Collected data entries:
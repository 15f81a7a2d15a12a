-- ===== src/Grades/Text/Split.antt =====
-- What `strtok` makes of a string.
use system_related_in_c.Base.{
  ℕ, suc, ◌+◌, ◌≤◌, ◌≡◌, ◌≢◌, refl, ap, List, [], ◌∷◌, ◌++◌, arith, append-nil, append_assoc,
  length, length-append, All, ==_ne, ==_refl, Bool-cases, inl, inr, ◌==◌,
}
use system_related_in_c.Grades.Text.{Str, tokens_from, tokens, emit, until_nul, cut_at}

-- A delimiter cuts the string: the tokens are those of the two parts.
pub tokens_from-cut :
    (d : ℕ) (token s t : Str)
    → tokens_from d token (s ++ d ∷ t) ≡ tokens_from d token s ++ tokens_from d [] t
unfolding tokens_from
tokens_from-cut d [] [] t = rw (==_refl d)
tokens_from-cut d (c ∷ token) [] t = rw (==_refl d)
tokens_from-cut d token (c ∷ s) t = elim (Bool-cases (c == d)) [
  | inl e ↦
      rw e (emit-append token (tokens_from d [] s) (tokens_from d [] t) (tokens_from-cut d [] s t))
  | inr e ↦ rw e (tokens_from-cut d (token ++ c ∷ []) s t)
]
  where
    emit-append :
        (token : Str) {xs : List Str} (ys zs : List Str)
        → xs ≡ ys ++ zs
        → emit token xs ≡ emit token ys ++ zs
    emit-append [] ys zs e = e
    emit-append (c ∷ token) ys zs e = ap (λ l. (c ∷ token) ∷ l) e

pub tokens-cut : (d : ℕ) (s t : Str) → tokens d (s ++ d ∷ t) ≡ tokens d s ++ tokens d t
unfolding tokens
tokens-cut d s t = tokens_from-cut d [] s t

-- A word without the delimiter is one token.
tokens_from-word :
    (d : ℕ) (token w : Str) → All (λ c. c ≢ d) w → tokens_from d token w ≡ emit (token ++ w) []
unfolding tokens_from
tokens_from-word d token [] h = rw append-nil
tokens_from-word d token (c ∷ w) h =
    rw (==_ne h.0, tokens_from-word d (token ++ c ∷ []) w h.1, append_assoc)

pub tokens-word : (d c : ℕ) (w : Str) → All (λ c. c ≢ d) (c ∷ w) → tokens d (c ∷ w) ≡ (c ∷ w) ∷ []
unfolding tokens
tokens-word d c w h = tokens_from-word d [] (c ∷ w) h

-- There are at most as many tokens as bytes.
length-tokens_from-le :
    (d : ℕ) (token s : Str) → length (tokens_from d token s) ≤ length token + length s
unfolding tokens_from
length-tokens_from-le d [] [] = omega arith
length-tokens_from-le d (c ∷ token) [] = omega arith
length-tokens_from-le d token (c ∷ s) = elim (Bool-cases (c == d)) [
  | inl e ↦ rw e (emit-le token (tokens_from d [] s) (omega (arith, length-tokens_from-le d [] s)))
  | inr e ↦
      rw e (
        omega
          (arith, length-tokens_from-le d (token ++ c ∷ []) s, length-append {0} token (c ∷ [])))
]
  where
    emit-le :
        (token : Str) (ts : List Str) {n : ℕ}
        → length ts ≤ n
        → length (emit token ts) ≤ length token + suc n
    emit-le [] ts h = omega arith
    emit-le (c ∷ token) ts h = omega arith

pub length-tokens-le : (d : ℕ) (s : Str) → length (tokens d s) ≤ length s
unfolding tokens
length-tokens-le d s = omega (arith, length-tokens_from-le d [] s)

pub until_nul_self : (s : List ℕ) → All (λ c. c ≢ 0) s → until_nul s ≡ s
until_nul_self [] h = refl
until_nul_self (c ∷ s) h = rw (==_ne h.0, until_nul_self s h.1)

pub length-until_nul-le : (s : List ℕ) → length (until_nul s) ≤ length s
length-until_nul-le [] = omega arith
length-until_nul-le (c ∷ s) = ground (arith, length-until_nul-le s)

pub length-cut_at-le : (d : ℕ) (s : Str) → length (cut_at d s) ≤ length s
length-cut_at-le d [] = omega arith
length-cut_at-le d (c ∷ s) = ground (arith, length-cut_at-le d s)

### WORK TASK
Copy out every line from the data above that has "omega" in it.

### TASK SOLUTION
length-tokens_from-le d [] [] = omega arith
length-tokens_from-le d (c ∷ token) [] = omega arith
  | inl e ↦ rw e (emit-le token (tokens_from d [] s) (omega (arith, length-tokens_from-le d [] s)))
        omega
    emit-le [] ts h = omega arith
    emit-le (c ∷ token) ts h = omega arith
length-tokens-le d s = omega (arith, length-tokens_from-le d [] s)
length-until_nul-le [] = omega arith
length-cut_at-le d [] = omega arith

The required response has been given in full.